All of the data that follows needs to be printed again, exactly as it reads.

━━━ EXTRACTED ENTRIES

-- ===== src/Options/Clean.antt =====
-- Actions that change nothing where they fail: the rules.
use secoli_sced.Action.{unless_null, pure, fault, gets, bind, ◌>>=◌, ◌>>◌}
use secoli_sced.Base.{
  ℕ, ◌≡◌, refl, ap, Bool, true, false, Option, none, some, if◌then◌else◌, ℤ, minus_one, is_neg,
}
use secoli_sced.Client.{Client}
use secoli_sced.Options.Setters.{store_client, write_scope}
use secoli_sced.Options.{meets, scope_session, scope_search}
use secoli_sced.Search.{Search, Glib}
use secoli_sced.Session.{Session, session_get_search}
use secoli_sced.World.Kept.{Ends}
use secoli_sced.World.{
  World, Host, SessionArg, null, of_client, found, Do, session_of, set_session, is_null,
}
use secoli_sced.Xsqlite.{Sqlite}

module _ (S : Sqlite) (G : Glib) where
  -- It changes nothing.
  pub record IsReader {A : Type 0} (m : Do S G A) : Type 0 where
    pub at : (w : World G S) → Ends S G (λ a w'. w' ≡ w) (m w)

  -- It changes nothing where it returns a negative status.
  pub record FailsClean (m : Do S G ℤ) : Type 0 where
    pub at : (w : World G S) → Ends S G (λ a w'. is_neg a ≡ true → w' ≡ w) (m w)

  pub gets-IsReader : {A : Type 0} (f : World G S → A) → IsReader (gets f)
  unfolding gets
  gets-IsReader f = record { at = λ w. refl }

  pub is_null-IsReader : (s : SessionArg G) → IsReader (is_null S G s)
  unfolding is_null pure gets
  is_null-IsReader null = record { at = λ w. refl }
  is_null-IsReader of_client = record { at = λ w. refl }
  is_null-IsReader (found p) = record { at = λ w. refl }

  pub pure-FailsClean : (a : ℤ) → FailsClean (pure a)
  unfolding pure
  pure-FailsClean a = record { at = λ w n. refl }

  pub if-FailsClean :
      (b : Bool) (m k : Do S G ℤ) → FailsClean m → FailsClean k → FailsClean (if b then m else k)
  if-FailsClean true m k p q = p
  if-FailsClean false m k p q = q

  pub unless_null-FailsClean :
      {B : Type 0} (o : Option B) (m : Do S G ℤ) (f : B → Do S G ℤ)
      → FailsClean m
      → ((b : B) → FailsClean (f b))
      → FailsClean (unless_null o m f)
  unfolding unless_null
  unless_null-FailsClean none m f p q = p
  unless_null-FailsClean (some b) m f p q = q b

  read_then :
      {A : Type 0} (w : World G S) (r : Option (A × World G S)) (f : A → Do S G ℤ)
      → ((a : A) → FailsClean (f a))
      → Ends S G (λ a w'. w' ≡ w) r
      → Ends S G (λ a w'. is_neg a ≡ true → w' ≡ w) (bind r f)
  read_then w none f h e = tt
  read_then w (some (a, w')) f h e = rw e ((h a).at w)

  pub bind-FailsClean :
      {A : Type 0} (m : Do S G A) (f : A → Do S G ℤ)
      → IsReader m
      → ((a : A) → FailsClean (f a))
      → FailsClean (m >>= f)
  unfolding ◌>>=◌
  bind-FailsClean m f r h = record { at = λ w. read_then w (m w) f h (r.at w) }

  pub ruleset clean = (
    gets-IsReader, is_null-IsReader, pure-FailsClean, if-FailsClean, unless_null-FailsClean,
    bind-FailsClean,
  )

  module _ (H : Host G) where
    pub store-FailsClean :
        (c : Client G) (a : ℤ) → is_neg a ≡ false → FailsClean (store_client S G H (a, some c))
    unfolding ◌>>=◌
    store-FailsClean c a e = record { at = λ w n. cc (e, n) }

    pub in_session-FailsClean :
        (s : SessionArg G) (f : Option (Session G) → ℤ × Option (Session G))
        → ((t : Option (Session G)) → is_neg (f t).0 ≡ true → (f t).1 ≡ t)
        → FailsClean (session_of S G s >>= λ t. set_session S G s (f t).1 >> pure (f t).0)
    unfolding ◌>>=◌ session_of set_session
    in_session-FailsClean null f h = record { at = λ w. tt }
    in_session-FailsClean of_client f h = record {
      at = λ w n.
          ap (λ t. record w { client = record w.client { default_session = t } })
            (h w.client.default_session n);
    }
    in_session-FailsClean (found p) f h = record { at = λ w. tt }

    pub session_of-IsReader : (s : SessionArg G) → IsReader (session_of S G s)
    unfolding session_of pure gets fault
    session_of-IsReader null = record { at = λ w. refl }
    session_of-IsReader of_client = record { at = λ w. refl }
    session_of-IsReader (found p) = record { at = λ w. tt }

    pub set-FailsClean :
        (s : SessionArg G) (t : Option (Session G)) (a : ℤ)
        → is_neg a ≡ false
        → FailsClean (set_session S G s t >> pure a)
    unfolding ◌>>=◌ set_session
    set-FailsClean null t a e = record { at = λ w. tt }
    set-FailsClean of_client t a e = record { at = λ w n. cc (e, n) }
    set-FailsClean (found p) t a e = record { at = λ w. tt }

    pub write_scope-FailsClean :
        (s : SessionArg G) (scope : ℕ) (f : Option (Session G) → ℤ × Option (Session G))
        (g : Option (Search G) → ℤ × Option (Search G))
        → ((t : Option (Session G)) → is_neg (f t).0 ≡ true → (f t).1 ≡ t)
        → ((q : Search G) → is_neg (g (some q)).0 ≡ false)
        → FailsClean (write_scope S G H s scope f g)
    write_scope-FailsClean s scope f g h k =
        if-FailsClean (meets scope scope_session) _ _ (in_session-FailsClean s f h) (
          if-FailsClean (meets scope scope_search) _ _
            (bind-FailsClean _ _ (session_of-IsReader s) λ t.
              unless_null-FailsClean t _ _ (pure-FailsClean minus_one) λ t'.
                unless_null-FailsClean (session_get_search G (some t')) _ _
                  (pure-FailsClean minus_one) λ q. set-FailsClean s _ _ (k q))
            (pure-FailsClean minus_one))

━━━━━━

_WRITTEN RESPONSE_
-- ===== src/Options/Clean.antt =====
-- Actions that change nothing where they fail: the rules.
use secoli_sced.Action.{unless_null, pure, fault, gets, bind, ◌>>=◌, ◌>>◌}
use secoli_sced.Base.{
  ℕ, ◌≡◌, refl, ap, Bool, true, false, Option, none, some, if◌then◌else◌, ℤ, minus_one, is_neg,
}
use secoli_sced.Client.{Client}
use secoli_sced.Options.Setters.{store_client, write_scope}
use secoli_sced.Options.{meets, scope_session, scope_search}
use secoli_sced.Search.{Search, Glib}
use secoli_sced.Session.{Session, session_get_search}
use secoli_sced.World.Kept.{Ends}
use secoli_sced.World.{
  World, Host, SessionArg, null, of_client, found, Do, session_of, set_session, is_null,
}
use secoli_sced.Xsqlite.{Sqlite}

module _ (S : Sqlite) (G : Glib) where
  -- It changes nothing.
  pub record IsReader {A : Type 0} (m : Do S G A) : Type 0 where
    pub at : (w : World G S) → Ends S G (λ a w'. w' ≡ w) (m w)

  -- It changes nothing where it returns a negative status.
  pub record FailsClean (m : Do S G ℤ) : Type 0 where
    pub at : (w : World G S) → Ends S G (λ a w'. is_neg a ≡ true → w' ≡ w) (m w)

  pub gets-IsReader : {A : Type 0} (f : World G S → A) → IsReader (gets f)
  unfolding gets
  gets-IsReader f = record { at = λ w. refl }

  pub is_null-IsReader : (s : SessionArg G) → IsReader (is_null S G s)
  unfolding is_null pure gets
  is_null-IsReader null = record { at = λ w. refl }
  is_null-IsReader of_client = record { at = λ w. refl }
  is_null-IsReader (found p) = record { at = λ w. refl }

  pub pure-FailsClean : (a : ℤ) → FailsClean (pure a)
  unfolding pure
  pure-FailsClean a = record { at = λ w n. refl }

  pub if-FailsClean :
      (b : Bool) (m k : Do S G ℤ) → FailsClean m → FailsClean k → FailsClean (if b then m else k)
  if-FailsClean true m k p q = p
  if-FailsClean false m k p q = q

  pub unless_null-FailsClean :
      {B : Type 0} (o : Option B) (m : Do S G ℤ) (f : B → Do S G ℤ)
      → FailsClean m
      → ((b : B) → FailsClean (f b))
      → FailsClean (unless_null o m f)
  unfolding unless_null
  unless_null-FailsClean none m f p q = p
  unless_null-FailsClean (some b) m f p q = q b

  read_then :
      {A : Type 0} (w : World G S) (r : Option (A × World G S)) (f : A → Do S G ℤ)
      → ((a : A) → FailsClean (f a))
      → Ends S G (λ a w'. w' ≡ w) r
      → Ends S G (λ a w'. is_neg a ≡ true → w' ≡ w) (bind r f)
  read_then w none f h e = tt
  read_then w (some (a, w')) f h e = rw e ((h a).at w)

  pub bind-FailsClean :
      {A : Type 0} (m : Do S G A) (f : A → Do S G ℤ)
      → IsReader m
      → ((a : A) → FailsClean (f a))
      → FailsClean (m >>= f)
  unfolding ◌>>=◌
  bind-FailsClean m f r h = record { at = λ w. read_then w (m w) f h (r.at w) }

  pub ruleset clean = (
    gets-IsReader, is_null-IsReader, pure-FailsClean, if-FailsClean, unless_null-FailsClean,
    bind-FailsClean,
  )

  module _ (H : Host G) where
    pub store-FailsClean :
        (c : Client G) (a : ℤ) → is_neg a ≡ false → FailsClean (store_client S G H (a, some c))
    unfolding ◌>>=◌
    store-FailsClean c a e = record { at = λ w n. cc (e, n) }

    pub in_session-FailsClean :
        (s : SessionArg G) (f : Option (Session G) → ℤ × Option (Session G))
        → ((t : Option (Session G)) → is_neg (f t).0 ≡ true → (f t).1 ≡ t)
        → FailsClean (session_of S G s >>= λ t. set_session S G s (f t).1 >> pure (f t).0)
    unfolding ◌>>=◌ session_of set_session
    in_session-FailsClean null f h = record { at = λ w. tt }
    in_session-FailsClean of_client f h = record {
      at = λ w n.
          ap (λ t. record w { client = record w.client { default_session = t } })
            (h w.client.default_session n);
    }
    in_session-FailsClean (found p) f h = record { at = λ w. tt }

    pub session_of-IsReader : (s : SessionArg G) → IsReader (session_of S G s)
    unfolding session_of pure gets fault
    session_of-IsReader null = record { at = λ w. refl }
    session_of-IsReader of_client = record { at = λ w. refl }
    session_of-IsReader (found p) = record { at = λ w. tt }

    pub set-FailsClean :
        (s : SessionArg G) (t : Option (Session G)) (a : ℤ)
        → is_neg a ≡ false
        → FailsClean (set_session S G s t >> pure a)
    unfolding ◌>>=◌ set_session
    set-FailsClean null t a e = record { at = λ w. tt }
    set-FailsClean of_client t a e = record { at = λ w n. cc (e, n) }
    set-FailsClean (found p) t a e = record { at = λ w. tt }

    pub write_scope-FailsClean :
        (s : SessionArg G) (scope : ℕ) (f : Option (Session G) → ℤ × Option (Session G))
        (g : Option (Search G) → ℤ × Option (Search G))
        → ((t : Option (Session G)) → is_neg (f t).0 ≡ true → (f t).1 ≡ t)
        → ((q : Search G) → is_neg (g (some q)).0 ≡ false)
        → FailsClean (write_scope S G H s scope f g)
    write_scope-FailsClean s scope f g h k =
        if-FailsClean (meets scope scope_session) _ _ (in_session-FailsClean s f h) (
          if-FailsClean (meets scope scope_search) _ _
            (bind-FailsClean _ _ (session_of-IsReader s) λ t.
              unless_null-FailsClean t _ _ (pure-FailsClean minus_one) λ t'.
                unless_null-FailsClean (session_get_search G (some t')) _ _
                  (pure-FailsClean minus_one) λ q. set-FailsClean s _ _ (k q))
            (pure-FailsClean minus_one))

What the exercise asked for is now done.